Randy I would like to welcome you to this forum and while I cannot help you I think perhaps Bobj3 might. I would not want to put him on the spot, but the guy is a walking source information on this forum. If it exists, he would be the man to know.


----------



## jjciesla (Oct 20, 2007)

Welcome Randy. I know someone here will chime in with the info you're looking for. Hang in there.


----------



## bobj3 (Jan 17, 2006)

Hi rcford

Sometimes it's best to just let the old routers just die, this one is over the hill , I would not just trash can it but because you got it from your father, it has a place in your life and your heart, maybe a nice box with a glass front so you can look at it from time to time  and put a simile on your chin...but it's time to just let it be..  by the sound of it , I'm sure it's had a hard life 


======





rcford said:


> Hi there,
> 
> I have a very old Stanley router inherited from my father. He was an excellent craftsman/cabinetmaker. Unfortunately, his tools are quite old and need some repair. This old router is a Stanley, model # 8-B, 115V, 5.0 amps, Serial # GL 3222. The off/on switch is no longer functional and needs replaced. Our local parts stores do not have the appropriate part. Any ideas where I can get it? In addition, the router base is model # GA 197 B. The set screw assembly (nut with threads on the face to match exterior of motor assembly, spring, and plastic thumb screw) is worn and the thumb screw used to tighten the base to the motor assembly is broken. I need a replacement plastic piece to make this work. Any ideas?


----------



## allthunbs (Jun 22, 2008)

Hi Randy: You're lucky. My father worked in Sheet Metal. He made all of this tools to meet specific situations. I don't know what half of them are for but I just know I can't "dispose" of them.
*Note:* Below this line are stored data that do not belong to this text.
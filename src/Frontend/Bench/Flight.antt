-- ===== src/Frontend/Bench/Flight.antt =====
-- app/benchmarks/page.tsx as it runs: what its form sends, and when.
use mathlib.Core.List.{append-nil}
use Prim.Native.String.{String}
use quark_cache.Common.{
  ℕ, zero, suc, ◌≤◌, ◌≡◌, refl, false, Option, none, some, List, ◌∷◌, ◌++◌, map, All, arith,
  get_elem?, Option-cases, inl, inr,
}
use quark_cache.Common.Text.{show}
use quark_cache.Frontend.Js.{Js}
use quark_cache.Frontend.Api.{Reply, ok, failed, BenchmarkResponse}
use quark_cache.Frontend.Html.{Offers, OffersAny, kids}
use quark_cache.Frontend.Html.Laws.{OffersAny-map}
use quark_cache.Frontend.Runtime.{
  Flies, Flies-idle, Flies-reply, World, Step, event, reply, Reachable, Reachable-induction,
}
use quark_cache.Frontend.Bench.{State, Body, ops_options, at_least_one, handle_run, resume}
use quark_cache.Frontend.Bench.View.{
  Event, set_ops_idx, set_read_ratio, set_value_size, set_key_space, run_benchmark, form, results,
  stat_box, view, percentiles, percentile_box, handle, page,
}

at_least_one-pos : (s : String) → 1 ≤ at_least_one s
unfolding at_least_one
at_least_one-pos s = ground arith

stat_box-Offers :
    (e : Event) (name value : String) (unit : Option String)
    → Offers e (stat_box name value unit)
    → ⊥
unfolding stat_box
stat_box-Offers e name value unit h = ground arith

module _ (js : Js) (whole : js.Number → String) where
  percentile_box-Offers : (e : Event) (p : String × js.Number) → Offers e (percentile_box js p) → ⊥
  unfolding percentile_box
  percentile_box-Offers e (name, val) h = ground arith

  percentiles-offer :
      (e : Event) (ps : List (String × js.Number))
      → OffersAny e (kids (map (percentile_box js) ps))
      → ⊥
  percentiles-offer e ps h =
      let (p, _, k) = OffersAny-map e (percentile_box js) ps h in percentile_box-Offers e p k

  pub results-Offers :
      (e : Event) (r : BenchmarkResponse js.Number) → Offers e (results js whole r) → ⊥
  unfolding results
  results-Offers e r h = ground (
    arith,
    stat_box-Offers e "Operations" (js.to_locale (js.integer false r.num_ops)) none,
    stat_box-Offers e "Total time" (js.to_fixed r.total_time_ms 0) (some "ms"),
    stat_box-Offers e "Throughput" (whole r.ops_per_sec) (some "ops/s"),
    stat_box-Offers e "Errors" (show r.errors) none,
    percentiles-offer e (percentiles js r.latency),
  )

  form-run : (s : State js) → Offers run_benchmark (form js s) → s.loading ≡ false
  unfolding form
  form-run s h = ground arith

  form-ops : (i : ℕ) (s : State js) → Offers (set_ops_idx i) (form js s) → i ≤ 6
  unfolding form
  form-ops i s h = ground arith

  -- The button runs a benchmark only if none is running; the slider's index is one of the options'.
  view-run : (s : State js) → Offers run_benchmark (view js whole s) → s.loading ≡ false
  unfolding view
  view-run s h = elim (Option-cases s.result) [
    | inl e ↦ ground (arith, form-run s)
    | inr (r, e) ↦ ground (arith, form-run s, results-Offers run_benchmark r)
  ]

  view-ops : (i : ℕ) (s : State js) → Offers (set_ops_idx i) (view js whole s) → i ≤ 6
  unfolding view
  view-ops i s h = elim (Option-cases s.result) [
    | inl e ↦ ground (arith, form-ops i s)
    | inr (r, e) ↦ ground (arith, form-ops i s, results-Offers (set_ops_idx i) r)
  ]

  -- A body that the backend's bounds on the counts admit: `num_ops` is one of the options.
  abbrev pub IsReady : Body js → Type 0
  IsReady b =
      ((n : ℕ) × (b.num_ops ≡ some n) × (100 ≤ n) × (n ≤ 100000))
      × (1 ≤ b.value_size)
      × (1 ≤ b.key_space)

  pub record IsSteady (s : State js) (bs : List (Body js)) : Type 0 where
    pub index : s.ops_idx ≤ 6
    pub sizes : 1 ≤ s.value_size
    pub keys : 1 ≤ s.key_space
    pub flies : Flies s.loading bs
    pub ready : All IsReady bs

  option_bounds :
      (i : ℕ) → i ≤ 6 → (n : ℕ) × (get_elem? ops_options i ≡ some n) × (100 ≤ n) × (n ≤ 100000)
  option_bounds zero h = (100, refl, omega arith, omega arith)
  option_bounds (suc zero) h = (500, refl, omega arith, omega arith)
  option_bounds (suc (suc zero)) h = (1000, refl, omega arith, omega arith)
  option_bounds (suc (suc (suc zero))) h = (5000, refl, omega arith, omega arith)
  option_bounds (suc (suc (suc (suc zero)))) h = (10000, refl, omega arith, omega arith)
  option_bounds (suc (suc (suc (suc (suc zero))))) h = (50000, refl, omega arith, omega arith)
  option_bounds (suc (suc (suc (suc (suc (suc zero)))))) h =
      (100000, refl, omega arith, omega arith)
  option_bounds (suc (suc (suc (suc (suc (suc (suc i))))))) h = absurd (omega arith)

  handle-IsSteady :
      (e : Event) (s : State js) (bs : List (Body js))
      → Offers e (view js whole s)
      → IsSteady s bs
      → IsSteady (handle js e s).0 (bs ++ (handle js e s).1)
  unfolding handle handle_run
  handle-IsSteady (set_ops_idx i) s bs o h = rw append-nil (record {
    index = view-ops i s o;
    sizes = h.sizes;
    keys = h.keys;
    flies = h.flies;
    ready = h.ready;
  })
  handle-IsSteady (set_read_ratio k) s bs o h =
      rw append-nil (record {
        index = h.index;
        sizes = h.sizes;
        keys = h.keys;
        flies = h.flies;
        ready = h.ready;
      })
  handle-IsSteady (set_value_size v) s bs o h = rw append-nil (record {
    index = h.index;
    sizes = at_least_one-pos v;
    keys = h.keys;
    flies = h.flies;
    ready = h.ready;
  })
  handle-IsSteady (set_key_space v) s bs o h = rw append-nil (record {
    index = h.index;
    sizes = h.sizes;
    keys = at_least_one-pos v;
    flies = h.flies;
    ready = h.ready;
  })
  handle-IsSteady run_benchmark s bs o h =
      rw (Flies-idle s.loading bs (view-run s o) h.flies) (record {
        index = h.index;
        sizes = h.sizes;
        keys = h.keys;
        flies = (_, refl);
        ready = ((option_bounds s.ops_idx h.index, h.sizes, h.keys), tt);
      })

  resume-IsSteady :
      (r : Reply (BenchmarkResponse js.Number)) (s : State js) (before after : List (Body js))
      (b : Body js)
      → IsSteady s (before ++ b ∷ after)
      → IsSteady (resume js r s) (before ++ after)
  unfolding resume
  resume-IsSteady (ok a) s before after b h =
      rw (Flies-reply s.loading _ before b after refl h.flies)
        (record { index = h.index; sizes = h.sizes; keys = h.keys; flies = refl; ready = tt })
  resume-IsSteady (failed d) s before after b h =
      rw (Flies-reply s.loading _ before b after refl h.flies)
        (record { index = h.index; sizes = h.sizes; keys = h.keys; flies = refl; ready = tt })

  Step-IsSteady :
      (w v : World (page js whole))
      → Step (page js whole) w v
      → IsSteady w.state w.pending
      → IsSteady v.state v.pending
  Step-IsSteady w _ (event e c o) inv = handle-IsSteady e w.state w.pending o inv
  Step-IsSteady w _ (reply before p after e r c) inv =
      rw append-nil (resume-IsSteady r w.state before after p (rw e at inv))

  -- In every state that the benchmarks page can reach: at most one benchmark is in flight, just
  -- while the form shows that it runs; the number of operations is one of the options, from 100 to
  -- 100,000; and the value size and the key space are at least one, whatever is typed.
  pub Reachable-IsSteady :
      (w : World (page js whole)) → Reachable (page js whole) w → IsSteady w.state w.pending
  Reachable-IsSteady =
      Reachable-induction (page js whole) (λ w. IsSteady w.state w.pending)
        (record {
          index = omega arith;
          sizes = omega arith;
          keys = omega arith;
          flies = refl;
          ready = tt;
        })
        Step-IsSteady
I'll have to find a museum somewhere.

Allthunbs


----------



## OET (Jan 1, 2014)

*McMaster Carr for parts that may work for you.*

Randy,

You should look over the McMaster Carr.

McMaster Carr has thumb screws and plastic stock along with just about anything else you need. Probably has the switch you need. 

I noticed when I manipulate the toggle switch on mine, in one direction it sounds like a magnet or something like that is moving inside (not connected to power).

Any chance you could post a picture of the wiring under the dome? I cut some of the wires on my 8-B without drawing it out or taking a picture.

Another lessons learned-relearned


----------